**** Records supplied

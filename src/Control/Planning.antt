-- ===== src/Control/Planning.antt =====
-- `plan` of `PlannerRunner`, src/distributed_runtime/control/planner.py. `run_planner` is what the
-- planner yields for a request, and the exception that it then ends with, if it raises.
use ptf.Prelude.{ℕ, String, Option, none, some, List, [], ◌∷◌, length}
use ptf.Core.Wire.{Stamp}
use ptf.Core.Enums.{WorkloadMode}
use ptf.Core.Errors.{Result, ok, err, Error, lookup_error, invariant_violation}
use ptf.Core.Json.{JsonFields}
use ptf.Finite.Unit.{WorkloadRequest, ExecutionUnit, PlanningRecord}
use ptf.Finite.Validate.{no_token, collect, validate_plan}
use ptf.Registry.Workloads.{FiniteRegistration, WorkloadRegistration, RuntimeRegistry, workload}
use ptf.State.Tx.{Tx, pure, lift, or_raise, ◌>>=◌, ◌>>◌}
use ptf.State.Finite.Runs.{StoredRun, get_run, request_of}
use ptf.State.Finite.Plan.{load_plan}
use ptf.Control.Planner.{PlannerRunner, persist}

-- `class PlanOutcome`
pub record PlanOutcome : Type 0 where
  pub run_id : String
  pub unit_count : ℕ
  pub planning_generation : ℕ

-- `expected if expected else None`
abbrev pub or_none : List PlanningRecord → Option (List PlanningRecord)
or_none [] = none
or_none (r ∷ rs) = some (r ∷ rs)

-- `validate_plan` of what the planner yields, up to the exception that it raises
unfoldable pub planned_units :
    (JsonFields → String)
    → List PlanningRecord
    → List ExecutionUnit × Option Error
    → Result (List ExecutionUnit)
unfolding validate_plan collect
planned_units digest expected (emitted, none) =
    validate_plan digest no_token (or_none expected) emitted
planned_units digest expected (emitted, some raised) = elim (collect digest no_token 1 [] emitted) [
  | ok units ↦ err raised
  | err e ↦ err e
]

abbrev pub outcome_of : StoredRun × List ExecutionUnit → String → PlanOutcome
outcome_of (run, units) id = record {
  run_id = id;
  unit_count = length units;
  planning_generation = run.planning_generation;
}

module _ {P H W : Type 0} where
  -- `if not isinstance(registration, FiniteRegistration): raise`
  abbrev pub finite_of : WorkloadRegistration P H W → Result (FiniteRegistration P H)
  finite_of (WorkloadRegistration.finite r) = ok r
  finite_of (WorkloadRegistration.continuous r) = err (invariant_violation "workload is not finite")

  module _ {S : Type 0} (sha256 : String → String) (digest : JsonFields → String)
      (registry : RuntimeRegistry P H W S) (runner : PlannerRunner)
      (run_planner : P → WorkloadRequest → List ExecutionUnit × Option Error) where
    -- the registration that the run is pinned to
    unfoldable pub pinned : StoredRun → Result (FiniteRegistration P H)
    unfolding workload
    pinned run =
        elim (workload run.workload_name run.workload_version WorkloadMode.finite registry) [
          | ok registration ↦ finite_of registration
          | err e ↦ err e
        ]

    -- the units that the planner gives for the run, checked against its durable plan
    unfoldable pub plan_units :
        String → StoredRun → FiniteRegistration P H → Tx (StoredRun × List ExecutionUnit)
    unfolding load_plan planned_units
    plan_units id run r = do
      expected ← load_plan id run.planning_generation
      units ← lift (planned_units digest expected (run_planner r.planner (request_of run)))
      pure (run, units)

    -- what comes before the storing
    unfoldable pub prepare_plan : String → Tx (StoredRun × List ExecutionUnit)
    unfolding get_run pinned plan_units
    prepare_plan id = do
      found ← get_run id
      run ← or_raise found (lookup_error "unknown run")
      r ← lift (pinned run)
      plan_units id run r

    unfoldable pub store_units :
        ℕ → Stamp → String → StoredRun × List ExecutionUnit → Tx PlanOutcome
    unfolding persist
    store_units now stamp id (run, units) = do
      persist sha256 digest runner now stamp run run.planning_generation units
      pure (outcome_of (run, units) id)

    -- `plan`
    unfoldable pub plan : ℕ → Stamp → String → Tx PlanOutcome
    unfolding prepare_plan store_units
    plan now stamp id = prepare_plan id >>= store_units now stamp id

********

▶ [Task brief]: The string "JsonFields" marks the lines to copy; report each of them from the data above.

▶ [Response to this task]:
use ptf.Core.Json.{JsonFields}
    (JsonFields → String)
  module _ {S : Type 0} (sha256 : String → String) (digest : JsonFields → String)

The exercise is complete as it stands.